Thursday, June 12, 2008

Constitution 3, Gitmo 0

In Boumediene v. Bush, the Supreme Court held that the constitutional guarantee of habeas corpus does apply to Gitmo detainees. The opinion, written by Kennedy, was 5-4 with a concurrence by Souter and dissents by Roberts and Scalia.

SCOTUS first held that the Military Commissions Act did strip the federal courts of habeas jurisdiction over Gitmo. Although Congress could, and did, remove any statutory right to habeas, it could only remove the constitutional right pursuant to the language covering suspension of the writ--invasion or rebellion.

The big issue was whether that applied to Gitmo. SCOTUS looked at prior cases, The Insular Cases, Reid v. Covert and Johnson v. Eisntrager, and drew from them the conclusion that the question of application of the writ turned on pragmatic questions rather than a determination of who was the formal sovereign. Specifically, on the extent to which US power over the site of the detention excluded any other legal jurisdiction. For example, Eisentrager hinged on the practical problems of producing the prisoners. There was also the fact that the US occupation force in Germany operated under an Allied command, not a US one and that the plan was ultimately to turn power back over to Germany. In Gitmo, the Cubans have been boxed out for over a century. Further, any practical difficulties in applying the habeas writ that had been dispositive in the earlier cases didn't apply in Gitmo.

The court then held that the limited appellate process that the Detainee Treatment Act (DTA) assigned for overview of the Combatant Status Review Tribunals (CSRT) was not an adequate substitute for the habeas writ in that it didn't allow for admitting exculpatory evidence discovered after or review of the CSRT's findings of fact.

It's a surprisingly encouraging victory and I expect I'll be sending a celebratory check to the ACLU.

I think Scalia's dissent is the more amusing of the two. His assertions that the opinion "will almost certainly cause more Americans to be killed" and that "The Nation will live to regret what the Court has done today" are exercises in hysterics rather than legal thought. His assertion that the military can't always tell who is a threat and who isn't (invoking stories of released Gitmo detainees killing people after release) is an argument for more civilian oversight, not less. If the military can't get it right, what innocent persons are being held as unlawful enemy combatants?

His dissent also ignores that, in Eisentrager, the holding that constitutional protections didn't apply to an alien enemy was distinguishable since no proper procedure had determined that the Gitmo detainees were enemies to begin with. The petitoners in Eisentrager were "active in the hostile service of an enemy power". Scalia embraces the assumption that Gitmo detainees are enemy aliens, when the enemy part is a key fact in dispute for each detainee.

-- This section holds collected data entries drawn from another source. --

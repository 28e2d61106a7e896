-- ===== src/Control.antt =====
-- demos/resilience-demo/lib/control.py: the threads that wait for the cluster, for a sink, or for a
-- test to pass. Times are what `time.time() - started` gives at each look, in any unit.
pub mod Expecting
pub mod Awaiting
pub mod Trying
pub mod Resuming
mod Tests
use wallaroo.Base.Dict.{Eq, same}
use wallaroo.Base.{
  ◌+◌, ◌++◌, drop, ℕ, Bool, true, false, Option, none, some, List, [], ◌∷◌, ltb, ◌==◌,
}
use wallaroo.Base.{if◌then◌else◌, Error, Result, ok, err, timeout_error, expectation_error}
use wallaroo.Threads.{stop, Thread, new_thread, Verdict, goes_on, returns, stops, Tick, poll_until}

-- `SinkExpect`
pub record SinkExpect : Type 0 where
  pub expected : ℕ
  pub timeout : ℕ
  pub allow_more : Bool

-- The messages that a sink holds, and the time.
pub record SinkLook : Type 0 where
  pub msgs : ℕ
  pub elapsed : ℕ

abbrev pub late : ℕ → ℕ → Verdict → Verdict
late timeout elapsed v = if ltb timeout elapsed then stops (some timeout_error) else v

-- One round of `SinkExpect.run`.
unfoldable pub expect_round : SinkExpect → SinkLook → Verdict
expect_round c o =
    if ltb c.expected o.msgs
    then stops (if c.allow_more then none else some expectation_error)
    else (if o.msgs == c.expected then stops none else late c.timeout o.elapsed goes_on)

unfoldable pub sink_expect : SinkExpect → List (Tick SinkLook) → Thread
unfolding expect_round new_thread
sink_expect c ticks = poll_until (expect_round c) ticks new_thread

-- One attempt of `TryUntilTimeout.run`: what the test did, the making of its input included, and
-- the time after it.
pub record Attempt : Type 0 where
  pub outcome : Result (Unit {0})
  pub elapsed : ℕ

abbrev failed : ℕ → ℕ → Error → Verdict
failed timeout elapsed e = if ltb timeout elapsed then stops (some e) else goes_on

abbrev pub attempt_of : ℕ → ℕ → Result (Unit {0}) → Verdict
attempt_of timeout elapsed (ok _) = returns
attempt_of timeout elapsed (err e) = failed timeout elapsed e

unfoldable pub attempt_round : ℕ → Attempt → Verdict
attempt_round timeout o = attempt_of timeout o.elapsed o.outcome

unfoldable pub try_until_timeout : ℕ → List (Tick Attempt) → Thread
unfolding attempt_round new_thread
try_until_timeout timeout ticks = poll_until (attempt_round timeout) ticks new_thread

-- `SinkAwaitValue`: the values that were not seen yet, and how many of the sink's messages were
-- looked at. `sink_items` is the sink's list, to which its receivers append.
pub record SinkAwaitValue (A V : Type 0) : Type 0 where
  pub sink_items : List A
  pub wanted : List V
  pub position : ℕ
  pub thread : Thread

-- What has come since the last look, and the time.
pub record AwaitLook (A : Type 0) : Type 0 where
  pub arrived : List A
  pub elapsed : ℕ

abbrev pub no_values {ℓ} : {V : Type ℓ} → List V → Bool
no_values [] = true
no_values (v ∷ vs) = false

-- `for val in list(self.values): if sink_data == val: self.values.discard(val)`
unfoldable pub discard : {V : Type 0} ⦃e : Eq V⦄ → V → List V → List V
discard seen [] = []
discard seen (v ∷ vs) = let rest = discard seen vs in if same seen v then rest else v ∷ rest

module _ {A V : Type 0} ⦃e : Eq V⦄ (func : A → V) where
  abbrev after_item :
      SinkAwaitValue A V → (SinkAwaitValue A V → SinkAwaitValue A V) → SinkAwaitValue A V
  after_item s go =
      let more = go (record s { position = s.position + 1 }) in
      if no_values s.wanted then record s { thread = stop none s.thread } else more

  -- `while self.position < msgs`, over the messages that were not looked at.
  unfoldable pub scan_items : List A → SinkAwaitValue A V → SinkAwaitValue A V
  unfolding discard
  scan_items [] s = s
  scan_items (item ∷ items) s =
      after_item (record s { wanted = discard (func item) s.wanted }) (scan_items items)

  -- One round. The time is looked at whatever was found.
  unfoldable pub await_round : ℕ → AwaitLook A → SinkAwaitValue A V → SinkAwaitValue A V
  unfolding scan_items
  await_round timeout o s =
      let items = s.sink_items ++ o.arrived in
      let s' = scan_items (drop s.position items) (record s { sink_items = items }) in
      if ltb timeout o.elapsed
      then record s' { thread = stop (some timeout_error) s'.thread }
      else s'

  unfoldable pub await_values : ℕ → List (AwaitLook A) → SinkAwaitValue A V → SinkAwaitValue A V
  unfolding await_round
  await_values timeout [] s = s
  await_values timeout (o ∷ os) s =
      let more = await_values timeout os (await_round timeout o s) in
      if s.thread.stop_event then s else more

-- What `WaitForClusterToResumeProcessing` sees of a notifier behind a short join.
pub record Status : Type 0 where
  pub failure : Option Error
  pub alive : Bool

-- One cycle over the notifiers, and the time behind it.
pub record Cycle : Type 0 where
  pub status : ℕ → Status
  pub elapsed : ℕ

-- The notifiers are numbers; `finished` is the `break` when none is left.
pub record Resume : Type 0 where
  pub waiting : List ℕ
  pub thread : Thread
  pub finished : Bool

abbrev pub join_one : Option Error → Bool → ℕ → List ℕ → Thread → List ℕ × Thread → List ℕ × Thread
join_one (some e) alive w ws t rest = (w ∷ ws, stop (some e) t)
join_one none true w ws t (rest, t') = (w ∷ rest, t')
join_one none false w ws t (rest, t') = (rest, t')

-- `for obs in list(waiting): …`, up to the first that has an error.
unfoldable pub join_all : (ℕ → Status) → List ℕ → Thread → List ℕ × Thread
join_all status [] t = ([], t)
join_all status (w ∷ ws) t =
    join_one (status w).failure (status w).alive w ws t (join_all status ws t)

abbrev pub check_completion : ℕ → Cycle → List ℕ × Thread → Resume
check_completion timeout o ([], t) = record { waiting = []; thread = t; finished = true }
check_completion timeout o (w ∷ ws, t) = record {
  waiting = w ∷ ws;
  thread = if ltb timeout o.elapsed then stop (some timeout_error) t else t;
  finished = false;
}

abbrev pub is_over : Resume → Bool
is_over s = if s.finished then true else s.thread.stop_event

unfoldable pub resume_loop : ℕ → List Cycle → Resume → Resume
unfolding join_all
resume_loop timeout [] s = s
resume_loop timeout (o ∷ os) s =
    let more =
      resume_loop timeout os (check_completion timeout o (join_all o.status s.waiting s.thread)) in
    if is_over s then s else more

-- The runners that are alive, by the names of their notifiers.
abbrev pub alive_runners : List (ℕ × Bool) → List ℕ
alive_runners [] = []
alive_runners ((r, true) ∷ rs) = r ∷ alive_runners rs
alive_runners ((r, false) ∷ rs) = alive_runners rs

unfoldable pub wait_for_cluster : ℕ → List (ℕ × Bool) → List Cycle → Resume
unfolding resume_loop new_thread
wait_for_cluster timeout runners os =
    resume_loop timeout os
      (record { waiting = alive_runners runners; thread = new_thread; finished = false })
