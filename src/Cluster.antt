-- ===== src/Cluster.antt =====
-- `Runner` and the worker management of `Cluster` in demos/resilience-demo/lib/cluster.py. A runner
-- is told from others by its identity; what its process does is a view that each call is given.
pub mod Counting
pub mod Accounted
pub mod Commands
pub mod Start
pub mod Adding
pub mod Scale
pub mod Grow
pub mod Exit
pub mod Steps
pub mod Senders
pub mod Crashes
pub mod Sinks
pub mod Init
pub mod Report
mod Tests
use wallaroo.Base.Slice.{slice}
use wallaroo.Base.{
  ℕ, zero, suc, ◌+◌, ◌-◌, Bool, true, false, Option, none, some, List, [], ◌∷◌, ◌++◌, map, ltb,
  ◌==◌,
}
use wallaroo.Base.{length, drop, take, get_elem?, if◌then◌else◌, Error, Result, ok, err, ◌>>=◌}
use wallaroo.Base.{value_error, index_error, attribute_error, runner_hasnt_started_error}
use wallaroo.Base.Int.{ℤ, pos, negsuc}
use wallaroo.Base.Text.{Text}
use wallaroo.Threads.{Thread, Tick, look}
use wallaroo.Control.{Attempt, try_until_timeout}

pub record Runner : Type 0 where
  pub ident : ℕ
  pub name : Text
  pub command : Text
  pub control : Text
  pub data_addr : Text
  pub external : Text

-- A return code: an exit status, or minus the number of a signal.
pub data Code : Type 0 where
  status signalled : ℕ → Code

-- `self.p`: None, or a process that runs, or one that has exited.
pub data Process : Type 0 where
  not_started running : Process
  exited : Code → Process

abbrev pub View : Type 0
View = Runner → Process

-- `poll()` and `returncode()`
abbrev pub poll : Process → Result (Option Code)
poll not_started = err runner_hasnt_started_error
poll running = ok none
poll (exited code) = ok (some code)

abbrev pub is_alive : Process → Result Bool
is_alive not_started = err runner_hasnt_started_error
is_alive running = ok true
is_alive (exited code) = ok false

-- What the cluster calls on its runners, in order.
pub data Event : Type 0 where
  starts kills stops_process : Runner → Event

pub record Cluster : Type 0 where
  pub workers : List Runner
  pub dead_workers : List Runner
  pub restarted_workers : List Runner
  pub runners : List Runner
  pub worker_id_counter : ℕ
  pub next_ident : ℕ
  pub events : List Event

abbrev pub Outcome : Type 0 → Type 0
Outcome B = Result B × Cluster

-- The position that an index of Python means in a list of a length.
abbrev pub resolve : ℤ → ℕ → Option ℕ
resolve (pos n) len = if ltb n len then some n else none
resolve (negsuc n) len = if ltb n len then some (len - suc n) else none

abbrev pub keeping : Runner → Option (Runner × List Runner) → Option (Runner × List Runner)
keeping x none = none
keeping x (some (r, rest)) = some (r, x ∷ rest)

-- The element at a position, and the others.
unfoldable pub take_out : ℕ → List Runner → Option (Runner × List Runner)
take_out i [] = none
take_out zero (x ∷ xs) = some (x, xs)
take_out (suc i) (x ∷ xs) = keeping x (take_out i xs)

abbrev pub found_or : {A : Type 0} → Error → Option A → Result A
found_or e none = err e
found_or e (some a) = ok a

abbrev pub at_position : List Runner → Option ℕ → Result (Runner × List Runner)
at_position xs none = err index_error
at_position xs (some i) = found_or index_error (take_out i xs)

-- `xs.pop(i)`
unfoldable pub pop : ℤ → List Runner → Result (Runner × List Runner)
unfolding take_out
pop i xs = at_position xs (resolve i (length xs))

abbrev pub keeping_all : Runner → Option (List Runner) → Option (List Runner)
keeping_all x none = none
keeping_all x (some rest) = some (x ∷ rest)

unfoldable pub remove_first : Runner → List Runner → Option (List Runner)
remove_first r [] = none
remove_first r (x ∷ xs) =
    let rest = remove_first r xs in if x.ident == r.ident then some xs else keeping_all x rest

-- `xs.remove(r)`
unfoldable pub remove : Runner → List Runner → Result (List Runner)
unfolding remove_first
remove r xs = found_or value_error (remove_first r xs)

-- What a worker is named by: itself, or its position.
pub data Ref : Type 0 where
  the_runner : Runner → Ref
  index : ℤ → Ref

abbrev pub kill_picked : Cluster → Result (Runner × List Runner) → Outcome Runner
kill_picked c (err e) = (err e, c)
kill_picked c (ok (r, rest)) = (
  ok r,
  record c {
    workers = rest;
    dead_workers = c.dead_workers ++ r ∷ [];
    events = c.events ++ kills r ∷ [];
  },
)

abbrev pub with_runner : Runner → List Runner → Result (Runner × List Runner)
with_runner r rest = ok (r, rest)

-- `kill_worker`
unfoldable pub kill_worker : Ref → Cluster → Outcome Runner
unfolding pop remove
kill_worker (the_runner r) c = kill_picked c (remove r c.workers >>= with_runner r)
kill_worker (index i) c = kill_picked c (pop i c.workers)

abbrev pub stop_picked : Cluster → Result (Runner × List Runner) → Outcome Runner
stop_picked c (err e) = (err e, c)
stop_picked c (ok (r, rest)) = (
  ok r,
  record c {
    workers = rest;
    dead_workers = c.dead_workers ++ r ∷ [];
    events = c.events ++ stops_process r ∷ [];
  },
)

-- `remove` returns None, and `None.stop()` raises.
abbrev pub stop_removed : Cluster → Result (List Runner) → Outcome Runner
stop_removed c (err e) = (err e, c)
stop_removed c (ok rest) = (err attribute_error, record c { workers = rest })

-- `stop_worker`
unfoldable pub stop_worker : Ref → Cluster → Outcome Runner
unfolding pop remove
stop_worker (the_runner r) c = stop_removed c (remove r c.workers)
stop_worker (index i) c = stop_picked c (pop i c.workers)

-- `stop_workers`
unfoldable pub stop_workers : Cluster → Cluster
stop_workers c = record c {
  workers = [];
  dead_workers = c.dead_workers ++ c.workers;
  events = c.events ++ map stops_process c.runners;
}

-- Which workers to restart: one, several, a slice of the dead workers, or one of them.
pub data Restart : Type 0 where
  the_one : Runner → Restart
  the_list : List Runner → Restart
  slice_of : Option ℤ → Option ℤ → Option ℤ → Restart
  dead_index : ℤ → Restart

abbrev at_dead : List Runner → Option ℕ → Result (List Runner)
at_dead xs none = err index_error
at_dead xs (some i) = found_or index_error (get_elem? xs i) >>= λ r. ok (r ∷ [])

unfoldable pub old_runners : Restart → List Runner → Result (List Runner)
unfolding slice
old_runners (the_one r) dead = ok (r ∷ [])
old_runners (the_list rs) dead = ok rs
old_runners (slice_of start stop step) dead = slice start stop step dead
old_runners (dead_index i) dead = at_dead dead (resolve i (length dead))

-- `respawn`, of each: new runners of the same command, name and addresses.
unfoldable pub respawn_all : ℕ → List Runner → List Runner
respawn_all n [] = []
respawn_all n (r ∷ rs) = record r { ident = n } ∷ respawn_all (suc n) rs

-- `check_alive`: it raises for a runner that has not started, and drops what `is_alive` returns.
unfoldable pub check_alive : View → List Runner → Result (Unit {0})
check_alive view [] = ok tt
check_alive view (r ∷ rs) = is_alive (view r) >>= λ alive. check_alive view rs

-- What each attempt of `check_alive` sees, and the time behind it.
abbrev pub start_attempts : List Runner → List (View × ℕ) → List (Tick Attempt)
start_attempts rs [] = []
start_attempts rs ((view, t) ∷ seen) =
    look (record { outcome = check_alive view rs; elapsed = t }) ∷ start_attempts rs seen

abbrev pub after_start : Cluster → List Runner → Option Error → Outcome (List Runner)
after_start c rs (some e) = (err e, c)
after_start c rs none = (
  ok rs,
  record c {
    workers = c.workers ++ rs;
    restarted_workers = c.restarted_workers ++ rs;
    runners = c.runners ++ rs;
  },
)

abbrev pub restart_all :
    ℕ → List (View × ℕ) → Cluster → Result (List Runner) → Outcome (List Runner)
restart_all timeout seen c (err e) = (err e, c)
restart_all timeout seen c (ok olds) =
    let rs = respawn_all c.next_ident olds in
    after_start
      (record c { next_ident = c.next_ident + length rs; events = c.events ++ map starts rs }) rs
      (try_until_timeout timeout (start_attempts rs seen)).error

-- `restart_worker`; its TryUntilTimeout has 5 seconds, and what is seen reaches its end.
unfoldable pub restart_worker : ℕ → List (View × ℕ) → Restart → Cluster → Outcome (List Runner)
unfolding old_runners respawn_all check_alive
restart_worker timeout seen which c = restart_all timeout seen c (old_runners which c.dead_workers)

-- `r.poll() not in (None, 0, -9, -15)`
abbrev pub bad_code : Option Code → Bool
bad_code none = false
bad_code (some (status zero)) = false
bad_code (some (status (suc n))) = true
bad_code (some (signalled n)) = if n == 9 then false else (if n == 15 then false else true)

abbrev keep_if : Bool → Runner → List Runner → Result (List Runner)
keep_if true r rs = ok (r ∷ rs)
keep_if false r rs = ok rs

-- `get_crashed_workers`
unfoldable pub crashed_of : View → List Runner → Result (List Runner)
crashed_of view [] = ok []
crashed_of view (r ∷ rs) = do
  code ← poll (view r)
  rest ← crashed_of view rs
  keep_if (bad_code code) r rest

unfoldable pub get_crashed_workers : View → Cluster → Result (List Runner)
unfolding crashed_of
get_crashed_workers view c = crashed_of view c.runners
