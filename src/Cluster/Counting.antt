-- ===== src/Cluster/Counting.antt =====
-- How often the lists of a cluster hold a runner, and what `pop` and `remove` take out of them.
use wallaroo.Base.{
  ℕ, zero, suc, ◌+◌, ◌≡◌, refl, sym, ap, ◌∙◌, Bool, true, false, Option, none, some, List, [], ◌∷◌,
  ◌++◌, ◌==◌,
}
use wallaroo.Base.{if◌then◌else◌, ok, arith, length, index_error, value_error}
use wallaroo.Base.Int.{ℤ}
use wallaroo.Cluster.{
  keeping, keeping_all, at_position, Runner, Cluster, take_out, pop, remove_first, remove, resolve,
  found_or,
}

-- How often a list holds the runner of an identity.
abbrev pub one_if : Bool → ℕ
one_if true = 1
one_if false = 0

unfoldable pub count : ℕ → List Runner → ℕ
count n [] = 0
count n (r ∷ rs) = one_if (r.ident == n) + count n rs

pub count-append : (n : ℕ) (rs ss : List Runner) → count n (rs ++ ss) ≡ count n rs + count n ss
unfolding count
count-append n [] ss = omega arith
count-append n (r ∷ rs) ss = omega (arith, count-append n rs ss)

abbrev pub IsAccounted : Cluster → Type 0
IsAccounted c = (n : ℕ) → count n c.workers + count n c.dead_workers ≡ count n c.runners

-- One runner is taken out of a list.
abbrev pub TakenOut : Runner → List Runner → List Runner → Type 0
TakenOut r xs rest = (n : ℕ) → count n xs ≡ one_if (r.ident == n) + count n rest

pub take_out-TakenOut :
    (i : ℕ) (xs : List Runner) (r : Runner) (rest : List Runner)
    → take_out i xs ≡ some (r, rest)
    → TakenOut r xs rest
unfolding take_out count
take_out-TakenOut i [] r rest h n = cc
take_out-TakenOut zero (x ∷ xs) r rest h n =
    let same_runner : x ≡ r = cc in
    let same_rest : xs ≡ rest = cc in rw (same_runner, same_rest) refl
take_out-TakenOut (suc i) (x ∷ xs) r rest h n =
    go (take_out i xs) refl (λ r' rest' e. take_out-TakenOut i xs r' rest' e n) h
  where
    go :
        (o : Option (Runner × List Runner))
        → take_out i xs ≡ o
        → ((r' : Runner) (rest' : List Runner)
            → take_out i xs ≡ some (r', rest')
            → count n xs ≡ one_if (r'.ident == n) + count n rest')
        → keeping x o ≡ some (r, rest)
        → one_if (x.ident == n) + count n xs ≡ one_if (r.ident == n) + count n rest
    go none e ih h = cc
    go (some (r', rest')) e ih h =
        let same_runner : r' ≡ r = cc in
        let same_rest : x ∷ rest' ≡ rest = cc in
        rw (sym same_runner, sym same_rest) (omega (arith, ih r' rest' e))

pub remove_first-TakenOut :
    (r : Runner) (xs rest : List Runner) → remove_first r xs ≡ some rest → TakenOut r xs rest
unfolding remove_first count
remove_first-TakenOut r [] rest h n = cc
remove_first-TakenOut r (x ∷ xs) rest h n =
    go (x.ident == r.ident) refl (remove_first r xs) refl
      (λ rest' e. remove_first-TakenOut r xs rest' e n) h
  where
    go :
        (b : Bool)
        → (x.ident == r.ident) ≡ b
        → (o : Option (List Runner)) → remove_first r xs ≡ o
        → ((rest' : List Runner)
            → remove_first r xs ≡ some rest'
            → count n xs ≡ one_if (r.ident == n) + count n rest')
        → (if b then some xs else keeping_all x o) ≡ some rest
        → one_if (x.ident == n) + count n xs ≡ one_if (r.ident == n) + count n rest
    go true e o q ih h =
        let same_ident : x.ident ≡ r.ident = ground arith in
        let same_rest : xs ≡ rest = cc in rw (same_ident, same_rest) refl
    go false e none q ih h = cc
    go false e (some rest') q ih h =
        let same_rest : x ∷ rest' ≡ rest = cc in rw (sym same_rest) (omega (arith, ih rest' q))

pub pop-TakenOut :
    (i : ℤ) (xs : List Runner) (r : Runner) (rest : List Runner)
    → pop i xs ≡ ok (r, rest)
    → TakenOut r xs rest
unfolding pop
pop-TakenOut i xs r rest h = go (resolve i (length xs)) h
  where
    go : (o : Option ℕ) → at_position xs o ≡ ok (r, rest) → TakenOut r xs rest
    go none h = cc
    go (some j) h = found (take_out j xs) refl h
      where
        found :
            (o : Option (Runner × List Runner))
            → take_out j xs ≡ o
            → found_or index_error o ≡ ok (r, rest)
            → TakenOut r xs rest
        found none e h = cc
        found (some p) e h =
            let same_pair : p ≡ (r, rest) = cc in
            take_out-TakenOut j xs r rest (e ∙ ap some same_pair)

pub remove-TakenOut :
    (r : Runner) (xs rest : List Runner) → remove r xs ≡ ok rest → TakenOut r xs rest
unfolding remove
remove-TakenOut r xs rest h = go (remove_first r xs) refl h
  where
    go :
        (o : Option (List Runner))
        → remove_first r xs ≡ o
        → found_or value_error o ≡ ok rest
        → TakenOut r xs rest
    go none e h = cc
    go (some rest') e h =
        let same_rest : rest' ≡ rest = cc in remove_first-TakenOut r xs rest (e ∙ ap some same_rest)
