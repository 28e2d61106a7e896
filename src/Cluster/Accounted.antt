-- ===== src/Cluster/Accounted.antt =====
-- The bookkeeping of the lists of a cluster by the operations on its workers.
use wallaroo.Base.{ℕ, ◌≡◌, refl, ap, Option, none, some, List, [], ◌∷◌, ◌++◌}
use wallaroo.Base.{Error, Result, ok, err, ◌>>=◌, arith, attribute_error}
use mathlib.Core.Path.{subst₂}
use wallaroo.Cluster.{
  old_runners, Runner, Cluster, Outcome, View, remove, Ref, the_runner, index, kill_worker,
  kill_picked, stop_worker, stop_picked, stop_removed, stop_workers, Restart, restart_worker,
  restart_all, after_start, with_runner,
}
use wallaroo.Cluster.Counting.{
  count, count-append, IsAccounted, TakenOut, pop-TakenOut, remove-TakenOut,
}

-- A worker that leaves for the dead workers stays accounted for.
abbrev pub Moved : Runner → Cluster → Cluster → Type 0
Moved r c c' =
    TakenOut r c.workers c'.workers
    × (c'.dead_workers ≡ c.dead_workers ++ r ∷ [])
    × (c'.runners ≡ c.runners)

pub IsAccounted-of_Moved :
    (r : Runner) (c c' : Cluster) → Moved r c c' → IsAccounted c → IsAccounted c'
unfolding count
IsAccounted-of_Moved r c c' (out, dead, same_runners) h n =
    rw (dead, same_runners, count-append n c.dead_workers (r ∷ [])) (omega (arith, h n, out n))

kill_picked-Moved :
    (c : Cluster) (p : Result (Runner × List Runner)) (r : Runner) (c' : Cluster)
    → ((r : Runner) (rest : List Runner) → p ≡ ok (r, rest) → TakenOut r c.workers rest)
    → kill_picked c p ≡ (ok r, c')
    → Moved r c c'
kill_picked-Moved c (err e) r c' out h = cc
kill_picked-Moved c (ok (r0, rest)) r c' out h =
    let same_runner : r0 ≡ r = cc in
    subst₂ (λ x y. Moved x c y) same_runner (ap (λ (p : Outcome Runner). p.1) h)
      (out r0 rest refl, refl, refl)

stop_picked-Moved :
    (c : Cluster) (p : Result (Runner × List Runner)) (r : Runner) (c' : Cluster)
    → ((r : Runner) (rest : List Runner) → p ≡ ok (r, rest) → TakenOut r c.workers rest)
    → stop_picked c p ≡ (ok r, c')
    → Moved r c c'
stop_picked-Moved c (err e) r c' out h = cc
stop_picked-Moved c (ok (r0, rest)) r c' out h =
    let same_runner : r0 ≡ r = cc in
    subst₂ (λ x y. Moved x c y) same_runner (ap (λ (p : Outcome Runner). p.1) h)
      (out r0 rest refl, refl, refl)

pub kill_worker-Moved :
    (ref : Ref) (c : Cluster) (r : Runner) (c' : Cluster)
    → kill_worker ref c ≡ (ok r, c')
    → Moved r c c'
unfolding kill_worker
kill_worker-Moved (the_runner s) c r c' h =
    kill_picked-Moved c _ r c' (λ r rest. picked (remove s c.workers) refl r rest) h
  where
    picked :
        (o : Result (List Runner))
        → remove s c.workers ≡ o
        → (r : Runner) (rest : List Runner) → (o >>= with_runner s) ≡ ok (r, rest)
        → TakenOut r c.workers rest
    picked (err e) q r rest h = cc
    picked (ok rest0) q r rest h =
        let same_runner : s ≡ r = cc in
        let same_rest : rest0 ≡ rest = cc in
        subst₂ (λ x y. TakenOut x c.workers y) same_runner same_rest
          (remove-TakenOut s c.workers rest0 q)
kill_worker-Moved (index i) c r c' h = kill_picked-Moved c _ r c' (pop-TakenOut i c.workers) h

-- By a position only: a worker that is named by itself is never stopped.
pub stop_worker-Moved :
    (ref : Ref) (c : Cluster) (r : Runner) (c' : Cluster)
    → stop_worker ref c ≡ (ok r, c')
    → Moved r c c'
unfolding stop_worker
stop_worker-Moved (the_runner s) c r c' h = never (remove s c.workers) h
  where
    never : (o : Result (List Runner)) → stop_removed c o ≡ (ok r, c') → Moved r c c'
    never (err e) h = cc
    never (ok rest) h = cc
stop_worker-Moved (index i) c r c' h = stop_picked-Moved c _ r c' (pop-TakenOut i c.workers) h

-- `stop_worker` of a runner that is a worker raises an AttributeError. The runner is then taken out of
-- the workers, the dead workers are as before, and nothing has been called on a runner.
pub stop_worker_loses :
    (r : Runner) (c : Cluster) (rest : List Runner)
    → remove r c.workers ≡ ok rest
    → ((stop_worker (the_runner r) c).0 ≡ err attribute_error)
      × TakenOut r c.workers (stop_worker (the_runner r) c).1.workers
      × ((stop_worker (the_runner r) c).1.dead_workers ≡ c.dead_workers)
      × ((stop_worker (the_runner r) c).1.events ≡ c.events)
unfolding stop_worker
stop_worker_loses r c rest h = rw h (refl, remove-TakenOut r c.workers rest h, refl, refl)

pub stop_workers-IsAccounted : (c : Cluster) → IsAccounted c → IsAccounted (stop_workers c)
unfolding stop_workers count
stop_workers-IsAccounted c h n = omega (arith, h n, count-append n c.dead_workers c.workers)

-- Workers that join leave the dead workers as they were.
pub joining-IsAccounted :
    (c c' : Cluster) (rs : List Runner)
    → c'.workers ≡ c.workers ++ rs
    → c'.dead_workers ≡ c.dead_workers
    → c'.runners ≡ c.runners ++ rs
    → IsAccounted c
    → IsAccounted c'
joining-IsAccounted c c' rs workers dead runners h n =
    rw (workers, dead, runners, count-append n c.workers rs, count-append n c.runners rs)
      (omega (arith, h n))

after_start-IsAccounted :
    (c : Cluster) (rs : List Runner) (e : Option Error)
    → IsAccounted c
    → IsAccounted (after_start c rs e).1
after_start-IsAccounted c rs (some e) h = h
after_start-IsAccounted c rs none h =
    joining-IsAccounted c (after_start c rs none).1 rs refl refl refl h

-- Whether the restart succeeds or not.
pub restart_worker-IsAccounted :
    (timeout : ℕ) (seen : List (View × ℕ)) (which : Restart) (c : Cluster)
    → IsAccounted c
    → IsAccounted (restart_worker timeout seen which c).1
unfolding restart_worker
restart_worker-IsAccounted timeout seen which c h = go (old_runners which c.dead_workers)
  where
    go : (o : Result (List Runner)) → IsAccounted (restart_all timeout seen c o).1
    go (err e) = h
    go (ok olds) = after_start-IsAccounted _ _ _ h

Scalia also has no response to the implication of the opinion's argument that, if US protections don't apply, who has the jurisdiction? The United States is sovereign in Gitmo in all but name. This is also important since Eisentrager also relied on the petitoners never having been within US jurisdiction. Scalia would have us believe the administration's fiction that Gitmo is somehow a territory beyond the reach of anyone's authority.

He also ignores, as the opinion doesn't, Eisentrager's emphasis on the practical difficulties of effecting the habeas writ on the petitioners in that case.